Jordan Belfort, ou comment j'ai appris à ne plus m'en faire et à aimer la coke
Les premières images annoncent la couleur, le lion est lâché, après avoir fait des films "gentils" dans sa cage, il revient en grande forme, rappelant sa décennie glorieuse des nineties, avec cette orgie féroce de trois heures sur les excès plus immoraux les uns que les autres de ces courtiers de Wall Street. Le schéma narratif est absolument le même que celui des Affranchis, mais on s'en fiche : Scorsese n'a pas besoin de réinventer son cinéma pour sortir un grand film (le terme est un peu fort pour son dernier mais bon, c'est quand même du haut calibre), il doit faire et refaire des films identiques à Casino et Les Affranchis, en changeant juste le cadre et le contexte, c'est la voie cinématographique où il est le plus à l'aise, quitte à faire des films mal-aimables.
Car oui, Le Loup de Wall Street est mal-aimable. Du point de vue de ses personnages, pour lequel le cinéaste éprouve une fascination extrême, l'histoire évolue dans un décor misogyne, orgiaque, méprisant la classe moyenne, les personnages ne sont plus que des pantins sans lois ni foi désarticulés par la coke et l'alcool, se sentant surpuissants et supérieurs à toute personne n'ayant pas l'intention de produire le maximum d'argent possible.
Mal-aimable mais indispensable, car le film n'aurait pas sa force si ses personnage n'étaient pas aussi profondément antipathiques. Jouissif, se dégustant avec la formidable bande-originale sous un bain de soleil auquel les personnages se baignent dans une idylle jusqu'alors sans autorité, le film est aussi choquant, entres scènes sexuelles très crues (des films -16 sont plus soft), et propos d'un mépris absolument indépassable d'un DiCaprio au meilleur de sa forme dans le plus grand rôle de sa carrière, absolument brillantissime et qui ne se ridiculise pas dans des chutes du quatrième mur couillues mais particulièrement habiles. A côté de ces scènes de débauche, j'ai également trouvé de belles scènes, particulièrement l'avant-dernière, avec cet agent du FBI qui observe, mélancoliquement, la classe moyenne dans le métro dont il aurait pu s'échapper si il avait cédé aux corruptions de Jordan Belfort. Car au fond, c'est ça le propos majeur du film : la tentation de l'argent, source majeure et désormais unique du pouvoir, de la reconnaissance de l'autrui naïf et envieux, Di Caprio est, avec sa bande qui joue tout aussi bien que lui, le Tony Montana financier des années 90 qui est né dans une période qui ne lui correspondait pas, exactement comme le protagoniste du film de De Palma. Un qui veut construire un véritable Empire Romain, l'autre qui veut reproduire les avantages de la richesse des sixties avec un côté chic vintage, mais avec en plus une immonde perversité qui casse toute la classe dont il a cherché à s'emparer.

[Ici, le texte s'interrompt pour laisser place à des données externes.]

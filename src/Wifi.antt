-- ===== src/Wifi.antt =====
-- The Linux part of components/wifi.c: requests to nl80211 over a netlink socket. The kernel is what
-- its calls return; numbers in messages are little-endian.
pub mod Attributes
pub mod FreeBsd
pub mod OpenBsd
pub mod Index
pub mod Perc
use slstatus.Prelude.{
  ℕ, ◌+◌, ◌-◌, ◌%◌, ◌/◌, ◌^◌, Bool, true, false, not, List, [], ◌∷◌, ◌++◌, Option, none, some, ◌==◌,
  leb, ltb, if◌then◌else◌, length, drop, take,
}
use slstatus.Prelude.Int.{ℤ, pos, negsuc, neg_part, ltb_ℤ}
use slstatus.Prelude.Text.{Text, lit, text_eq}
use slstatus.Stdio.Format.{str}
use slstatus.Util.{World, warn}
use slstatus.Lines.{c_string}
use slstatus.Wifi.Attributes.{Search, found, absent, forever, findattr, read_16, u_16, u_32}

-- A call that returns, that goes on in a loop without end, or that waits for the next datagram.
pub data Run (A : Type 0) : Type 0 where
  returns : A → Run A
  loops : Run A
  waits : Run A

abbrev pub and_then : {A B : Type 0} → Run A → (A → Run B) → Run B
and_then (returns a) f = f a
and_then loops f = loops
and_then waits f = waits

-- Constants of linux/netlink.h, linux/genetlink.h and linux/nl80211.h.
abbrev pub nlmsg_hdrlen : ℕ
nlmsg_hdrlen = 16

abbrev pub genl_hdrlen : ℕ
genl_hdrlen = 4

abbrev pub genl_id_ctrl : ℕ
genl_id_ctrl = 16

abbrev pub nlm_f_request : ℕ
nlm_f_request = 1

abbrev pub ctrl_cmd_getfamily : ℕ
ctrl_cmd_getfamily = 3

abbrev pub ctrl_attr_family_id : ℕ
ctrl_attr_family_id = 1

abbrev pub ctrl_attr_family_name : ℕ
ctrl_attr_family_name = 2

abbrev pub cmd_get_interface : ℕ
cmd_get_interface = 5

abbrev pub attr_ifindex : ℕ
attr_ifindex = 3

abbrev pub attr_ssid : ℕ
attr_ssid = 52

-- The file-scope and static variables, and the datagrams sent so far.
pub record Wifi : Type 0 where
  pub nlsock : ℤ
  pub seq : ℕ
  pub resp : Text
  pub id : ℕ
  pub ifsock : ℤ
  pub ifr_name : Text
  pub ifr_ifindex : ℤ
  pub strength : Text
  pub sent : List Text

-- What the calls for the family return: the socket, whether all bytes were sent, and the datagram.
pub record Answers : Type 0 where
  pub socket : ℤ
  pub sends : Bool
  pub received : Option Text

-- What the calls for the index of an interface return.
pub record IndexAnswers : Type 0 where
  pub socket : ℤ
  pub ifindex : Option ℤ

-- `struct nlmsghdr`, `struct genlmsghdr` and `struct nlattr` in memory.
unfoldable pub message : (type flags seq cmd attr : ℕ) (payload : Text) → Text
message type flags seq cmd attr payload =
    u_32 (nlmsg_hdrlen + genl_hdrlen + 4 + length payload)
    ++ u_16 type
    ++ u_16 flags
    ++ u_32 seq
    ++ u_32 0
    ++ (cmd ∷ 1 ∷ 0 ∷ 0 ∷ [])
    ++ u_16 (4 + length payload)
    ++ u_16 attr
    ++ payload

-- A datagram is copied to the front of `resp`.
abbrev pub receive : Text → Wifi → Wifi
receive r s = record s { resp = r ++ drop (length r) s.resp }

abbrev pub next_seq : ℕ → ℕ
next_seq n = (n + 1) % 2 ^ 32

-- `family` with its NUL.
unfoldable pub family : Text
unfolding lit
family = lit "nl80211" ++ 0 ∷ []

-- `if (p && len == 2) memcpy(&id, p, 2);`
unfoldable pub family_id : Search → ℕ → ℕ
family_id (found len p) old = if len == 2 then read_16 0 p else old
family_id absent old = old
family_id forever old = old

-- The end of `nl80211fam`, with the search of the answer.
keep_id : Search → Wifi → World → Run (ℕ × Wifi × World)
unfolding family_id
keep_id forever s w = loops
keep_id absent s w = returns (s.id, s, w)
keep_id (found len p) s w =
    let id = family_id (found len p) s.id in returns (id, record s { id = id }, w)

read_family : Option Text → Wifi → World → Run (ℕ × Wifi × World)
unfolding keep_id
read_family none s w = returns (0, s, warn (lit "recv 'AF_NETLINK':") [] w)
read_family (some r) s w =
    let s' = receive r s in
    let more = keep_id (findattr ctrl_attr_family_id (length r - 32) (drop 32 s'.resp)) s' w in
    if leb (length r) 32 then returns (0, s', w) else more

-- From the message on. `seq` counts also a message that is not sent.
ask_family : Answers → Wifi → World → Run (ℕ × Wifi × World)
unfolding read_family message family
ask_family k s w =
    let ctrl =
      message genl_id_ctrl nlm_f_request s.seq ctrl_cmd_getfamily ctrl_attr_family_name family in
    let sock = if ltb_ℤ s.nlsock (pos 0) then k.socket else s.nlsock in
    let s' = record s { seq = next_seq s.seq; nlsock = sock } in
    let more = read_family k.received (record s' { sent = s.sent ++ ctrl ∷ [] }) w in
    if ltb_ℤ sock (pos 0)
    then returns (0, s', warn (lit "socket 'AF_NETLINK':") [] w)
    else if k.sends
    then more
    else returns (0, s', warn (lit "send 'AF_NETLINK':") [] w)

unfoldable pub nl80211fam : Answers → Wifi → World → Run (ℕ × Wifi × World)
unfolding ask_family
nl80211fam k s w = if s.id == 0 then ask_family k s w else returns (s.id, s, w)

-- `ioctl(ifsock, SIOCGIFINDEX, &ifr)`, which leaves the index as it was where it fails.
look_up : Option ℤ → Wifi → World → ℤ × Wifi × World
look_up none s w = (negsuc 0, s, warn (lit "ioctl 'SIOCGIFINDEX':") [] w)
look_up (some n) s w = (n, record s { ifr_ifindex = n }, w)

-- The body of `ifindex` behind the first test.
with_socket : IndexAnswers → Text → Wifi → World → ℤ × Wifi × World
unfolding look_up
with_socket k interface s w =
    if ltb_ℤ s.ifsock (pos 0)
    then (negsuc 0, s, warn (lit "socket 'AF_UNIX':") [] w)
    else if text_eq s.ifr_name interface
    then (s.ifr_ifindex, s, w)
    else look_up k.ifindex (record s { ifr_name = interface }) w

abbrev pub opened : IndexAnswers → Wifi → Wifi
opened k s = if ltb_ℤ s.ifsock (pos 0) then record s { ifsock = k.socket } else s

-- A name has fewer than IFNAMSIZ bytes; `strcpy` would write a longer one behind the array.
unfoldable pub ifindex : IndexAnswers → Text → Wifi → World → ℤ × Wifi × World
unfolding with_socket
ifindex k interface s w = with_socket k interface (opened k s) w

-- An index as the four bytes of its two's complement.
abbrev pub index_bytes : ℤ → Text
index_bytes (pos n) = u_32 n
index_bytes (negsuc n) = u_32 (2 ^ 32 - n - 1)

-- `p[len] = 0;`, which changes nothing here where it is behind `resp`.
abbrev pub put_nul : ℕ → Text → Text
put_nul n [] = []
put_nul n (c ∷ s) = if n == 0 then 0 ∷ s else c ∷ put_nul (n - 1) s

-- The end of `wifi_essid`: `p` is where `resp` has that many bytes left.
end_essid : Search → Wifi → World → Run (Option Text × Wifi × World)
end_essid forever s w = loops
end_essid absent s w = returns (none, s, w)
end_essid (found len p) s w = returns (
  some (c_string (take len p)),
  record s { resp = put_nul (length s.resp - length p + len) s.resp },
  w,
)

read_essid : Option Text → Wifi → World → Run (Option Text × Wifi × World)
unfolding end_essid
read_essid none s w = returns (none, s, warn (lit "recv 'AF_NETLINK':") [] w)
read_essid (some r) s w =
    let s' = receive r s in
    let head = nlmsg_hdrlen + genl_hdrlen in
    let more = end_essid (findattr attr_ssid (length r - head) (drop head s'.resp)) s' w in
    if leb (length r) head then returns (none, s', w) else more

-- `fprintf(stderr, …)` with a line end prints what `warn` prints.
ask_essid :
    (sends : Bool)
    → Option Text
    → Text
    → (fam : ℕ) → ℤ × Wifi × World
    → Run (Option Text × Wifi × World)
unfolding read_essid message
ask_essid sends received interface fam (idx, s, w) =
    let req = message fam nlm_f_request s.seq cmd_get_interface attr_ifindex (index_bytes idx) in
    let s' = record s { seq = next_seq s.seq } in
    let more = read_essid received (record s' { sent = s.sent ++ req ∷ [] }) w in
    if fam == 0
    then returns (none, s, warn (lit "nl80211 family not found") [] w)
    else if ltb_ℤ idx (pos 0)
    then returns (none, s, warn (lit "interface %s not found") (str (some interface) ∷ []) w)
    else if sends
    then more
    else returns (none, s', warn (lit "send 'AF_NETLINK':") [] w)

-- `sends` and `received` are the results of the request for the interface.
unfoldable pub wifi_essid :
    Answers
    → IndexAnswers
    → (sends : Bool) → Option Text
    → Text
    → Wifi
    → World
    → Run (Option Text × Wifi × World)
unfolding nl80211fam ifindex ask_essid
wifi_essid k ki sends received interface s w =
    and_then (nl80211fam k s w)
      λ r. ask_essid sends received interface r.0 (ifindex ki interface r.1 r.2)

Cependant, et cela est sûrement dû aux conditions de production, le film aurait gagné à être un grand film si il s'attaquait davantage au système capitaliste en dépit de quelques scènes crues. Assez regrettable, mais un regret que l'on oublie presque en voyant cette grandiose chute (avec un formidable Jonah Hill effaçant, le regard vide de tout sentiment, les informations qui ont constitué sa richesse, sa réussite et sa raison de vivre, ne s'intéressant à peine à la destruction de son empire) dont seul Scorsese a le secret.
Une fresque absurde et déglinguée, des acteurs endiablés, un propos extrêmement pertinent sur notre époque et un montage qui mérite bien des superlatifs : pas de doute, c'est la résurrection du cinéaste.